New artificial intelligence software can decode conversations between small monkeys called marmosets. Researchers reported the findings today at the 2017 Society for Neuroscience annual meeting in Washington D.C.

Marmosets are social animals that live in groups. Their vocabulary includes 10 to 15 calls — twitters, trills, chirps, ‘phees’ and various kinds of peeps, each with its own meaning. Studies suggest that like human babies, baby marmosets learn to communicate by hearing other marmosets talk to them1,2.

The monkeys’ human-like communication system has made them popular among scientists who study language, social communication or vocal production. Marmosets carrying autism-linked mutations are also good models for altered social behavior in the condition.

Visual representations of marmoset calls, called spectrograms, also appear as distinct patterns of frequencies. But it is tedious to manually extract the different calls from hours of recordings of screeching monkeys, cage noises and people talking in the background.

“Either you hire a bunch of graduate students to sit through and listen to all of it and classify it or you come up with a way for a computer to do it,” says Samvaran Sharma, an engineer at the McGovern Institute at the Massachusetts Institute of Technology in Cambridge, Massachusetts, who presented the work. Sharma developed the software with colleagues in Robert Desimone’s laboratory at MIT.

The interlocutor:

The new program first separates the audio from background noise and detects which segments of the recording contain a monkey call. Spectrograms of those segments are then turned into black and white images. So, for example, a chirp looks like a series of thin vertical white brush strokes, while a phee looks like a thick, slightly curved dash.

Sound bites: An algorithm translates frequency patterns from marmoset calls into pictures.

These letter-like images are then passed on to an artificial neural network for classification.

Neural networks are algorithms modeled after the brain that excel at finding patterns. To learn the calls, the neural network takes a bunch of examples — say, the images created to represent a phee. It works out what core characteristics define a phee and then uses that pattern to figure out whether a new picture is a phee or something else.

The result is a nicely classified string of marmoset words that researchers can read. From there, they can piece together what the monkeys are saying to each other.
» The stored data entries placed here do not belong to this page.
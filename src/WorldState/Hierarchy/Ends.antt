-- ===== src/WorldState/Hierarchy/Ends.antt =====
-- services/world_state.py: `_validate_parent_chain` ends, on each of its three tables.
use elowyn_assist.Common.{
  ℕ, suc, ◌≡◌, ◌≢◌, ◌≤◌, ◌<◌, sym, subst, true, false, not, Option, none, some, List, [], ◌∷◌, ◌==◌,
  inl, inr, count, find, length, contains, Bool-cases, eq_of_beq, beq_refl, arith,
}
use elowyn_assist.Domain.Enums.{EntityType}
use elowyn_assist.Domain.Errors.{err, fuel_spent}
use elowyn_assist.Db.Store.{Db}
use elowyn_assist.WorldState.Hierarchy.{
  Parents, parent_column, validate_parent_chain, check_task_parent, check_project_parent,
  check_goal_parent,
}
use elowyn_assist.WorldState.Hierarchy.Walk.{walk_ends}

-- A table with its key and the column of the parent.
module _ {A : Type 0} (key : A → ℕ) (column : A → Option ℕ) where
  abbrev parents_in : List A → Parents
  parents_in rows i = parent_column column (find (λ r. key r == i) rows)

  -- How many rows the walk has not seen.
  abbrev left : List A → List ℕ → ℕ
  left rows seen = count (λ r. not (contains (key r) seen)) rows

  left_bound : (rows : List A) (seen : List ℕ) → left rows seen ≤ length rows
  left_bound [] seen = omega arith
  left_bound (r ∷ rows) seen = ground (arith, left_bound rows seen)

  left_mono : (rows : List A) (seen : List ℕ) (i : ℕ) → left rows (i ∷ seen) ≤ left rows seen
  left_mono [] seen i = omega arith
  left_mono (r ∷ rows) seen i = ground (arith, left_mono rows seen i)

  left_lt :
      (rows : List A) (seen : List ℕ) (i : ℕ) (above : Option ℕ)
      → contains i seen ≡ false
      → parents_in rows i ≡ some above
      → left rows (i ∷ seen) < left rows seen
  left_lt [] seen i above h k = absurd (cc)
  left_lt (r ∷ rows) seen i above h k = elim (Bool-cases (key r == i)) [
    | inl e ↦
        let same = eq_of_beq (key r) i e in
        let kept = left_mono rows seen i in
        rw
          (
            subst (λ j. contains j seen ≡ false) (sym same) h,
            subst (λ j. (i == j) ≡ true) (sym same) (beq_refl i),
          )
          omega (arith, kept)
    | inr e ↦ ground (arith, left_lt rows seen i above)
  ]

  validate_parent_chain_ends :
      (rows : List A) (t : EntityType) (child : ℕ) (parent : Option ℕ) (db : Db)
      → validate_parent_chain (length rows) t (parents_in rows) child parent db ≢ err fuel_spent
  unfolding validate_parent_chain
  validate_parent_chain_ends rows t child none db h = cc
  validate_parent_chain_ends rows t child (some parent) db h = elim (Bool-cases (parent == child)) [
    | inl e ↦ absurd (ground arith)
    | inr e ↦
        walk_ends (parents_in rows) db t (left rows) (left_lt rows) (suc (length rows)) (child ∷ [])
          parent (omega (arith, left_bound rows (child ∷ []))) (ground arith)
  ]

-- The check of a new parent always ends, with a verdict or an error of the code: the fuel of the
-- model is enough for every table of tasks, projects and goals.
pub hierarchy_checks_end :
    (child : ℕ) (parent : Option ℕ) (db : Db)
    → (check_task_parent child parent db ≢ err fuel_spent)
      × (check_project_parent child parent db ≢ err fuel_spent)
      × (check_goal_parent child parent db ≢ err fuel_spent)
unfolding check_task_parent check_project_parent check_goal_parent
hierarchy_checks_end child parent db = (
  validate_parent_chain_ends (λ r. r.entity_id) (λ r. r.parent_task_id) db.world.tasks
      EntityType.task child parent db,
  validate_parent_chain_ends (λ r. r.entity_id) (λ r. r.parent_project_id) db.world.projects
      EntityType.project child parent db,
  validate_parent_chain_ends (λ r. r.entity_id) (λ r. r.parent_goal_id) db.world.goals
      EntityType.goal child parent db,
)
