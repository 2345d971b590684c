-- ===== src/WorldState/Hierarchy/Forest.antt =====
-- services/world_state.py: a checked parent leaves every row below a root.
use elowyn_assist.Common.{
  ℕ, ◌≡◌, ◌≢◌, sym, subst, Option, none, some, ◌==◌, ◌∙◌, inl, inr, Bool-cases, eq_of_beq, beq_refl,
  arith,
}
use elowyn_assist.WorldState.Hierarchy.{Parents}
use elowyn_assist.WorldState.Hierarchy.Walk.{Clear, root, above}

-- From `i` up, the parents are rows, and the chain ends at a root.
pub data Grounded (up : Parents) : ℕ → Type 0 where
  at_root : {i : ℕ} → up i ≡ some none → Grounded up i
  below : {i parent : ℕ} → up i ≡ some (some parent) → Grounded up parent → Grounded up i

-- Every row is below a root, so no row is above itself.
abbrev pub IsForest : Parents → Type 0
IsForest up = (i : ℕ) (parent : Option ℕ) → up i ≡ some parent → Grounded up i

-- What the check accepts for a parent of `child`.
abbrev pub Accepted : Parents → ℕ → Option ℕ → Type 0
Accepted up child none = Unit
Accepted up child (some parent) = Clear up child parent

-- The parent of `child` alone is another one.
module _ (up new : Parents) (child : ℕ) (others : (i : ℕ) → i ≢ child → new i ≡ up i) where
  Clear-Grounded : (i : ℕ) → Clear up child i → Grounded new i
  Clear-Grounded i (root h e) = at_root (others i h ∙ e)
  Clear-Grounded i (above {parent} h e chain) = below (others i h ∙ e) (Clear-Grounded parent chain)

  Grounded-new : Grounded new child → (i : ℕ) → Grounded up i → Grounded new i
  Grounded-new g i (at_root e) = elim (Bool-cases (i == child)) [
    | inl h ↦ subst (Grounded new) (sym (eq_of_beq i child h)) g
    | inr h ↦ at_root (others i (λ k. absurd (ground (arith, beq_refl child))) ∙ e)
  ]
  Grounded-new g i (below {parent} e chain) = elim (Bool-cases (i == child)) [
    | inl h ↦ subst (Grounded new) (sym (eq_of_beq i child h)) g
    | inr h ↦
        below (others i (λ k. absurd (ground (arith, beq_refl child))) ∙ e)
          (Grounded-new g parent chain)
  ]

  Grounded-child :
      (parent : Option ℕ) → Accepted up child parent → new child ≡ some parent → Grounded new child
  Grounded-child none h e = at_root e
  Grounded-child (some parent) h e = below e (Clear-Grounded parent h)

  pub IsForest-move :
      (parent : Option ℕ)
      → Accepted up child parent
      → new child ≡ some parent
      → IsForest up
      → IsForest new
  IsForest-move parent h e f i before k = elim (Bool-cases (i == child)) [
    | inl same ↦ subst (Grounded new) (sym (eq_of_beq i child same)) (Grounded-child parent h e)
    | inr other ↦
        Grounded-new (Grounded-child parent h e) i
          (f i before (sym (others i (λ k. absurd (ground (arith, beq_refl child)))) ∙ k))
  ]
To test the program, the team used samples from hours of audio from small groups of marmosets as they roamed around in their cage interacting with each other. Wireless mics that the monkeys wore on their collars recorded the audio.

The software sifts monkey talk from background noise with 80 percent accuracy and correctly identifies which call the monkeys make more than 90 percent of the time.

The team is working to improve the program’s accuracy. They plan release the code as an out-of-the-box program that requires no expertise to use, Sharma says.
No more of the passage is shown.